The easier way to handling large files in pandas

Cute panda from pixabay

I have been using a high-performance laptop for some time and EC2 machine for when I needed high computing power. I never encountered issues of performance for as long as I remember with both tools giving me quite a comfortable processing power. Things started to seem awfully different when I downgraded my MacBook and cannot enjoy the privileges of high computing powers on my disposal.

This has forced me to dig down and learn more about Pandas library. So if you are trying to learn about tips to handle your multiple gigabytes files in Pandas this gonna help you. To my surprise batch processing wasn’t the easiest way around handling your file, well in most of the times you are looking into a way to reduce the files size without getting into batch processing.

Data types in Pandas

As you know in python we have several variants of the same data type. So for integers, we have int16, int32, int64 and for floats, we have float16,float32, float64. These are extra memory capacities that we might or might not need. Pandas library in default it reads your data in the 64 variant. So, your age column will be between 1–99 and it will be assigned to int64 data type.

Int64 is 8 bytes and can store the figure -9223372036854775807 up to + 9223372036854775807. The question is do you really need int64 for your age column? This is the question you have to ask yourself for each column in your dataset. When you know the answer then it will be easy for you to shrink the size into something hopefully your machine can handle.

In a nutshell, you need to give each column the proper data type without instead of the Pandas library default type.

Shrinking your file by 87.5%

I have a CSV file of 2.2 gigabytes in size and shape 117180 * 2502 for a sparse matrix that I take me a lot of time to load each time I run my Jupiter notebook. I will demo for you how I can take this file into something my machine can handle.

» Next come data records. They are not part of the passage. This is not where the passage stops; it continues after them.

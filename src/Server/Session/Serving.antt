-- ===== src/Server/Session/Serving.antt =====
-- What a session does to the counters, and which requests it does not answer.
use caviar_hacker_grid.Base.{
  ℕ, true, List, [], ◌∷◌, ◌++◌, ◌≡◌, ◌≢◌, refl, arith, length, Bool-cases, inl, inr, Option-cases,
  ◌+◌, subst,
}
use caviar_hacker_grid.Base.Run.{Run, done, throws, undefined, diverges, or_undefined, ◌>>=◌}
use caviar_hacker_grid.Base.Text.{Bytes, starts_with, None, c_str}
use caviar_hacker_grid.Handlers.{Status, Handler}
use caviar_hacker_grid.Handlers.Cloud.{Host}
use caviar_hacker_grid.Handlers.Table.{HandlerConfiguration, find_longest_handler_key}
use caviar_hacker_grid.Http.Request.Lines.{is_cr, find-crlf}
use caviar_hacker_grid.Http.Request.Serial.{take_name}
use caviar_hacker_grid.Server.Status.Counts.{IsConsistent, log_incoming_request-IsConsistent}
use caviar_hacker_grid.Http.Request.{
  with_fields, process_request_line, Request, Parsed, parsed, rejected, thrown, parse, crlf,
  split_spaces,
}
use caviar_hacker_grid.Http.Response.Codes.{has_code, to_string-has_code}
use caviar_hacker_grid.Http.Decimal.{int_decimal}
use caviar_hacker_grid.Http.Response.{Response, new_response, to_string}
use caviar_hacker_grid.Server.Session.{
  Outside, Shared, Served, replied, silent, internal_error, is_bad_request, reply_with, handler_for,
  handle_request, do_read,
}
use caviar_hacker_grid.Server.Status.{log_incoming_request}

-- The counters behind a session: if it was answered, one more request under its URI and under the code
-- that its reply begins with; as they were if it was not.
abbrev pub Accounted : Bytes → Shared → Run Served → Type 0
Accounted uri w (done (replied text w')) =
    (code : ℕ) × (w'.status ≡ log_incoming_request uri code w.status) × (has_code code text ≡ true)
Accounted uri w (done (silent w')) = ⊥
Accounted uri w _ = Unit

internal_error-has_code : has_code 500 internal_error ≡ true
unfolding starts_with int_decimal
internal_error-has_code = refl

reply_with-Accounted :
    (uri : Bytes) (w : Shared) (answer : Host × (Status × Response))
    → Accounted uri w (reply_with uri w answer)
unfolding reply_with
reply_with-Accounted uri w (host, (status, response)) = elim (Bool-cases (is_bad_request status)) [
  | inl bad ↦ rw (reply_with, bad) (500, refl, internal_error-has_code)
  | inr good ↦ elim (Option-cases (to_string response)) [
    | inl e ↦ rw (reply_with, good, e) tt
    | inr (text, e) ↦ elim (Option-cases response.status_code) [
      | inl f ↦ rw (reply_with, good, e, f) tt
      | inr (code, f) ↦ rw (reply_with, good, e, f) (code, refl, to_string-has_code response e f)
    ]
  ]
]

bind-Accounted {ℓ} :
    {A : Type ℓ} (uri : Bytes) (w : Shared) (m : Run A) (k : A → Run Served)
    → ((a : A) → Accounted uri w (k a))
    → Accounted uri w (m >>= k)
bind-Accounted uri w (done a) k h = h a
bind-Accounted uri w throws k h = tt
bind-Accounted uri w undefined k h = tt
bind-Accounted uri w diverges k h = tt

with_fields_ne_three :
    (r : Request) (fields : List Bytes) → length fields ≢ 3 → with_fields r fields ≡ rejected
with_fields_ne_three r [] h = refl
with_fields_ne_three r (a ∷ []) h = refl
with_fields_ne_three r (a ∷ b ∷ []) h = refl
with_fields_ne_three r (a ∷ b ∷ d ∷ []) h = absurd (h refl)
with_fields_ne_three r (a ∷ b ∷ d ∷ e ∷ fields) h = refl

parse_bad_request_line :
    (first rest : Bytes)
    → None is_cr first
    → length (split_spaces [] (c_str first)) ≢ 3
    → parse (first ++ (crlf ++ rest)) ≡ rejected
unfolding parse
parse_bad_request_line first rest n three =
    rw (parse, process_request_line, find-crlf first rest n, take_name first (crlf ++ rest))
      (rw (with_fields_ne_three _ _ three))

module _ (outside : Outside) (c : HandlerConfiguration) where
  do_read-Accounted :
      (data_ input : Bytes) (w : Shared) {request : Request}
      → parse input ≡ parsed request
      → Accounted request.request_uri w (do_read outside c data_ input w)
  unfolding do_read
  do_read-Accounted data_ input w {request} e =
      let uri = request.request_uri in
      let answer = λ (handler : Handler).
        handle_request outside handler w request new_response >>= reply_with uri w in
      let found = or_undefined (handler_for c (find_longest_handler_key uri c.request_handlers)) in
      let accounted : Accounted uri w (found >>= answer) =
        bind-Accounted uri w found answer λ handler.
          bind-Accounted uri w (handle_request outside handler w request new_response)
            (reply_with uri w) (reply_with-Accounted uri w) in
      rw (do_read, e) accounted

  -- A request whose first line has not exactly three fields is answered by nothing at all: the session
  -- ends and the counters stay as they were.
  pub do_read_bad_request_line :
      (first rest : Bytes) (w : Shared)
      → None is_cr first
      → length (split_spaces [] (c_str first)) ≢ 3
      → do_read outside c [] (first ++ (crlf ++ rest)) w ≡ done (silent w)
  unfolding do_read
  do_read_bad_request_line first rest w n three =
      rw (do_read, parse_bad_request_line first rest n three)

abbrev pub state_of : Served → Shared
state_of (replied text w) = w
state_of (silent w) = w

abbrev pub answers : Served → ℕ
answers (replied text w) = 1
answers (silent w) = 0

data ParsedAs (p : Parsed Request) : Type 0 where
  as_request : (r : Request) → p ≡ parsed r → ParsedAs p
  as_rejected : p ≡ rejected → ParsedAs p
  as_thrown : p ≡ thrown → ParsedAs p

Parsed-cases : (p : Parsed Request) → ParsedAs p
Parsed-cases (parsed r) = as_request r refl
Parsed-cases rejected = as_rejected refl
Parsed-cases thrown = as_thrown refl

-- What a session that returns has done: it has answered a request and counted it, under its URI and
-- the code that its reply begins with, or it has changed nothing.
pub data Counted (input : Bytes) (w : Shared) : Served → Type 0 where
  answered :
      (request : Request) (code : ℕ) (text : Bytes) (w' : Shared)
      → parse input ≡ parsed request
      → w'.status ≡ log_incoming_request request.request_uri code w.status
      → has_code code text ≡ true
      → Counted input w (replied text w')
  unanswered : Counted input w (silent w)

Accounted-Counted :
    (input : Bytes) (request : Request) (w : Shared) (served : Served)
    → parse input ≡ parsed request
    → Accounted request.request_uri w (done served)
    → Counted input w served
Accounted-Counted input request w (replied text w') p (code, e, h) =
    answered request code text w' p e h
Accounted-Counted input request w (silent w') p a = elim a [ ]

pub do_read-Counted :
    (outside : Outside) (c : HandlerConfiguration) (input : Bytes) (w : Shared) (served : Served)
    → do_read outside c [] input w ≡ done served
    → Counted input w served
unfolding do_read
do_read-Counted outside c input w served e = elim (Parsed-cases (parse input)) [
  | as_request r p ↦
      Accounted-Counted input r w served p
        (subst (Accounted r.request_uri w) e (do_read-Accounted outside c [] input w p))
  | as_rejected p ↦
      let ends : do_read outside c [] input w ≡ done (silent w) = rw (do_read, p) in
      let same : silent w ≡ served = cc in subst (Counted input w) same unanswered
  | as_thrown p ↦ let ends : do_read outside c [] input w ≡ throws = rw (do_read, p) in cc
]

pub Counted-IsConsistent :
    {input : Bytes} (w : Shared) {served : Served}
    → Counted input w served
    → IsConsistent w.status
    → IsConsistent (state_of served).status
      × ((state_of served).status.requests ≡ w.status.requests + answers served)
unfolding log_incoming_request
Counted-IsConsistent w (answered request code text w' _ e _) v =
    rw e (log_incoming_request-IsConsistent request.request_uri code v, omega arith)
Counted-IsConsistent w unanswered v = (v, omega arith)

-- If a session returns, and the counters added up before, then the counters by URI and by status code
-- still add up to the number of requests, which has grown by the replies written.
pub do_read-IsConsistent :
    (outside : Outside) (c : HandlerConfiguration) (input : Bytes) (w : Shared) (served : Served)
    → do_read outside c [] input w ≡ done served
    → IsConsistent w.status
    → IsConsistent (state_of served).status
      × ((state_of served).status.requests ≡ w.status.requests + answers served)
do_read-IsConsistent outside c input w served e v =
    Counted-IsConsistent w (do_read-Counted outside c input w served e) v
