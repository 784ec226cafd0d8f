-- ===== src/Server/Ports.antt =====
-- server/webserver.cc, `WebServer::port_valid`, and the port that the acceptor of server/server.cc is
-- bound to.
use caviar_hacker_grid.Base.{
  ℕ, suc, ◌+◌, ◌*◌, ◌-◌, ◌^◌, ◌≤◌, ◌<◌, ◌==◌, false, ◌≡◌, if◌then◌else◌, arith, ◌%◌, ◌/◌,
}
use caviar_hacker_grid.Base.Number.{ℤ, pos, negsuc, exceeds}

-- The error codes of the system's calls, 0 for success: of opening a socket for IP version 4, of
-- binding such a socket to a 16-bit port, and of listening on that port.
pub record Sockets : Type 0 where
  pub open_error : ℕ
  pub bind_error : ℕ → ℕ
  pub listen_error : ℕ → ℕ

-- `(unsigned short)port_`, and the conversion to the parameter of `tcp::endpoint`.
unfoldable pub unsigned_short : ℤ → ℕ
unsigned_short (pos n) = n % 2 ^ 16
unsigned_short (negsuc n) = (2 ^ 16 - 1) - n % 2 ^ 16

-- `port_valid`.
unfoldable pub port_valid : Sockets → ℤ → ℕ
unfolding unsigned_short
port_valid sockets port =
    if sockets.open_error == 0 then sockets.bind_error (unsigned_short port) else sockets.open_error

-- A port that is not above 65535 is bound as it is unless it is negative, and then 65536 is added
-- until it is not.
pub record IsBoundAs (port : ℤ) (bound : ℕ) : Type 0 where
  pub in_range : bound < 65536
  pub as_is : (n : ℕ) → port ≡ pos n → bound ≡ n
  pub wrapped : (n : ℕ) → port ≡ negsuc n → (k : ℕ) × (bound + suc n ≡ k * 65536)

pub unsigned_short-IsBoundAs :
    (port : ℤ) → exceeds port 65535 ≡ false → IsBoundAs port (unsigned_short port)
unfolding unsigned_short
unsigned_short-IsBoundAs (pos n) e =
    let small : n ≤ 65535 = ground arith in
    record {
      in_range = omega arith;
      as_is = λ m f. let g : n ≡ m = cc in omega (arith, g, small);
      wrapped = λ m f. cc;
    }
unsigned_short-IsBoundAs (negsuc n) e = record {
  in_range = omega arith;
  as_is = λ m f. cc;
  wrapped = λ m f. let g : n ≡ m = cc in (suc (n / 65536), omega (arith, g));
}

Loading my file (dummy data

my dataset as it look

a few more columns

As you see I have the majority of the columns with small values or Zero values and just two columns with integers that are not large per se. The int16 data type can store values from -32768 to +32768. We technically can use this for our A and B column in this dataset.

Let’s look at the data frame info:

Look at the dtypes

We can check the file size and convert it to gigabytes using the following:

start_size = getsizeof(data)/(1024.0**3)
print('Dataframe size: %2.2f GB'%start_size)

Converting column data types in pandas

In my case, there are so many columns to be exact its 2502 columns and by no means, I can go through each column so I used a for loop to convert all the columns of the data frame.

for col in data.columns:
data[col] = pd.to_numeric(data[col], downcast='signed')

Now you may ask what is the downcast parameter? Simply if your columns are float64 like the dataframe I have above, downcast will simply convert them into float16 and if the case they are int it will downcast to the smallest variant of the data type.

downcast takes only the following values: {‘integer’, ‘signed’, ‘unsigned’, ‘float’}

- ‘integer’ or ‘signed’: smallest signed int dtype (min.: np.int8)

- ‘unsigned’: smallest unsigned int dtype (min.: np.uint8)

- ‘float’: smallest float dtype (min.: np.float32)

If you are to use the to_numeric method for each line then you will have to something of the form of:

bigfile['A'] = pd.to_numeric(bigfile['A'], downcast='signed')
bigfile['B'] = pd.to_numeric(bigfile['B'], downcast='signed')

For my 2.2 gigabytes file, the for loop took quite some time and this is why you should find better ways to perform the conversions. The result of this conversion was that my file went down on size to:

Do you want to know the percentage?

print('total size reduction: %2.1f'%((1-final_size/start_size)*100))

Size reduce by 87.5%

For me, this has solved my issue and cannot let pandas assigned all type 64 to my columns because most of the time the values are too small and therefore the efficient use of memory is the solution for now.

I hope this helps you to navigate around large files (large for mediocre machines I mean) and you can crunch more data.